ハウツー・ファッション・基礎

美しいトラウザーの構造

トラウザーはシルエットの基盤ですが、ワードローブの中で最も見過ごされがちな要素です。ここでは、あなたの体型に合った、時代を超えて愛されるカットを見つける方法を紹介します。

5 分で読める · Iris
図01・クラシックなウールブレンドトラウザーの解剖

ほとんどの男性は、トラウザーをジャケットやシャツの二次的な要素と見なしますが、実際は逆です。トラウザーがウエストに正しく収まらなかったり、靴の上で不格好にブレイクしたりすると、ブレザーのどんな仕立てでもそのルックを救うことはできません。

トラウザーをマスターすることは、最新のシルエットを追いかけることではありません。

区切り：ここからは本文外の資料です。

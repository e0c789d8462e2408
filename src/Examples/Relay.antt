-- ===== src/Examples/Relay.antt =====
-- A relay with one route, and a request for it.
use brezel.Common.{
  ℕ, ◌+◌, ◌*◌, ◌≡◌, refl, false, [], ◌∷◌, ◌++◌, some, lookup, insert, delete, err, Text, text_eq,
  text_beq, codes, east, trim_space, runes, is_space, contains_any, has_prefix, base64_encode,
  base64_decode, split_on, in_front, int_lt, int_beq, int64_sub, wrap_int64, safe_name,
}
use brezel.Ledger.Types.{state_beq, key_beq, binding_from_disk}
use brezel.Ledger.Operations.{active_count, refuse}
use brezel.Ledger.Checks.{valid_route_identity}
use brezel.Ledger.Leases.{
  acquire_operation, admit, release, release_operation, current_entry, held_entry, operation_key,
}
use brezel.Replay.{
  use_jti, push, purge, purged, consume, is_used, valid_identifier, drop_expired, recorded,
}
use brezel.Capability.{CapabilityClaims, run_command}
use brezel.Capability.Claims.{
  valid_operation, valid_identity, valid_encoded_size, valid_lifetime, valid_bounds, bounds_fit,
  out_of_range, validate_operation, validate_capability_claims, equal_digest, validate_expected,
}
use brezel.Capability.Tokens.{
  authenticate, match_claims, check_claims, check_signature, within_window, same_request, first_is,
  is_ok, three_parts, split_dots, decode_canonical_segment, capability_message, unix,
}
use brezel.Capability.Authority.{Authentic}
use brezel.Relay.{
  RelayServer, RelayAuthorization, SandboxBinding, capability_rejected, relay_capability,
  relay_route_id, own_claims, checked_claims, authenticate_request, from_unix, bindable_id,
  bindable, bind_authorized_sandbox, ledger_refusal, release_lease, sole_operation, handed_out,
  spent, leased, after_acquire, authorize_request,
}
use brezel.Relay.Admission.{authorize_request-refused}
use brezel.Relay.Authority.{Admitted, authorize_request_sound}
use brezel.Examples.Ledger.{sample, sample-Inv, sample_lease}
use brezel.Examples.Capability.{claims, formats, verifier, token, at, decodes, repeat}

relay : Unit {0}
unfolding lookup insert delete text_beq trim_space runes is_space contains_any has_prefix
    base64_encode base64_decode split_on in_front int_lt int_beq int64_sub wrap_int64 safe_name
    state_beq key_beq binding_from_disk active_count refuse valid_route_identity acquire_operation
    admit release release_operation current_entry held_entry use_jti push purge purged consume
    is_used valid_identifier drop_expired recorded valid_operation valid_identity valid_encoded_size
    valid_lifetime valid_bounds bounds_fit out_of_range validate_operation
    validate_capability_claims equal_digest validate_expected authenticate match_claims check_claims
    check_signature within_window same_request first_is is_ok three_parts split_dots
    decode_canonical_segment capability_message unix relay_capability relay_route_id own_claims
    checked_claims authenticate_request from_unix bindable_id bindable bind_authorized_sandbox
    ledger_refusal release_lease sole_operation handed_out spent leased after_acquire
    authorize_request
relay = tt

abbrev server : RelayServer
server = record {
  node_id = codes "n";
  boot_epoch = codes "b";
  audience = codes "a";
  ledger = sample;
  verifier = verifier;
  replay = record { used = []; expires = []; max_live = 4 };
  draining = false;
}

abbrev authorization : RelayAuthorization
authorization = record { route_id = codes "r1"; claims = claims }

abbrev now : ℕ
now = (62135596800 + 110) * 1000000000

abbrev after : RelayServer
after = (authorize_request server authorization (base64_encode (repeat 32)) now now).0

abbrev binding : SandboxBinding
binding = record {
  project_id = codes "p";
  sandbox_id = codes "sbx";
  backend_id = codes "e1";
  revision = 1;
  expires_at = record { instant = (62135596800 + 120) * 1000000000; offset = east 0 };
}

authorize_request_sound_example :
    ((t : Text) × (relay_capability ((codes "BrezelCapability " ++ token) ∷ []) ≡ some t)
      × Authentic formats verifier (at 110) t claims)
    × (CapabilityClaims.operations claims ≡ run_command ∷ [])
    × Admitted server after authorization (base64_encode (repeat 32)) binding
unfolding relay
authorize_request_sound_example =
    authorize_request_sound formats decodes server after (at 110) (codes "r1" ∷ [])
      ((codes "BrezelCapability " ++ token) ∷ []) run_command authorization
      (base64_encode (repeat 32)) now now binding sample_lease refl refl

-- A request with another digest is refused, after the lease was taken.
refused_test :
    (authorize_request server authorization (base64_encode (codes "")) now now).1
    ≡ err capability_rejected
unfolding relay
refused_test = refl

authorize_request-refused_example :
    active_count
      (authorize_request server authorization (base64_encode (codes "")) now now).0.ledger.active
      (operation_key (codes "r1") (codes "p") (codes "sbx") 1)
    ≡ active_count sample.active (operation_key (codes "r1") (codes "p") (codes "sbx") 1)
unfolding relay
authorize_request-refused_example =
    authorize_request-refused server authorization (base64_encode (codes "")) now now
      capability_rejected (operation_key (codes "r1") (codes "p") (codes "sbx") 1) sample-Inv refl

それは、股上、レッグテーパー、生地のドレープの関係を理解することです。このガイドを使って、現在のコレクションを監査し、次の購入に外科手術のような精度でアプローチしてください。

トラウザーは、下半身のケージではなく、脚の延長のように感じられるべきです。
01

股上のチェック・2分

本当のウエストを見つける

股上とは、股下の縫い目からウエストバンドの上部までの距離のことで、快適さにとって最も重要な要素です。腰骨の上あたりにくるミッド〜ハイライズを選び、脚を長く見せ、シャツをしっかり固定できるものにしましょう。腰骨に乗る「ローライズ」スタイルは、動きを制限し、不格好なたるみを作り出すので避けてください。

座ったときにシャツがすぐにずり上がらないなら、股上は合っている可能性が高いです。

02

生地の重さの評価・1分

季節に合わせた生地を選ぶ

生地がドレープを決定します。軽量のコットンツイルやトロピカルウールは暖かい季節向けで、自然に体のラインをより見せます。より重いウールフランネルやキャバリーツイルは、構造を与え、よりクリーンなラインを保ち、秋や冬に最適です。夏用の生地を冬のローテーションに無理に押し込んではいけません。適切に吊るすのに必要な重みが不足します。

生地を光にかざしてみて、ほぼ透明であれば、シャープな折り目を保てません。

03

ヒップと太もも・2分

動きやすさをテストする

ヒップ周りは、体の形を示すのに十分なフィット感があり、かつ、十分な可動域を確保できるゆとりが必要です。太ももの上部に横に引っ張られるような「笑顔」の線が見える場合、トラウザーがきつすぎます。ヒップの下に余分なたるみがある場合、パターンがあなたの体型に合っていません。

深くスクワットしてみて、縫い目に張りを感じたら、ワンサイズ上げてください。

04

ブレイクの決定・2分

裾の決断

「ブレイク」とは、トラウザーが靴と接する部分のことです。「ノーブレイク」や「クォーターブレイク」は、靴を強調するクリーンで現代的なルックを提供しますが、「ハーフブレイク」はフォーマルな場面での伝統的な標準です。「フルブレイク」は、足首周りに生地が溜まり、見た目のフレームを短くし、だらしない印象を与えるので避けてください。

迷ったら、シューレースのトップに軽く触れる程度を目指してください。

05

ポケットの整合性・1分

サイドシームのテスト

中立的な姿勢で立った状態で、サイドポケットを確認してください。ポケットが翼のように開く場合、ヒップやウエストがきつすぎます。適切にフィットしたトラウザーは、静止時に脚に完全に平らに収まるポケットを備えています。

ポケットが広がってしまう場合、アイロンをかけても修正できません。単にサイズが合っていないのです。

06

仕立て屋の監査・2分

フィット感を確保する

適切なサイズを見つけたら、プロの仕立て屋にトラウザーを持っていきましょう。ウエスト、裾、テーパーに焦点を当ててください。仕立て屋はウエストを詰めたり、ブレイクを調整したりするのは簡単ですが、小さすぎるヒップに生地を追加することはできません。下半身の最も大きい部分に合わせて購入し、そこから調整してください。

裾上げをする際は、必ず合わせたい靴を履いてください。

どのように機能するかを知る方法。

完璧なトラウザーは、引っ張られることも、たるむことも、一日中頻繁に調整する必要もない、目立たないものです。

Questions at the mirror.

なぜランチの後、いつもズボンがきつく感じるのですか?

「ローライズ」のトラウザーを着用していて、胴回りを締め付けている可能性があります。ハイライズは、フレーム全体に均等にテンションを分散させます。

プリーツとフラットフロント、どちらを選ぶべきですか?

プリーツは太もも周りにゆとりがあり、ドレープ感が魅力で、現在人気があります。一方、フラットフロントは、すっきりとしたミニマリストな美学を提供します。太もものボリュームに合わせて選択してください。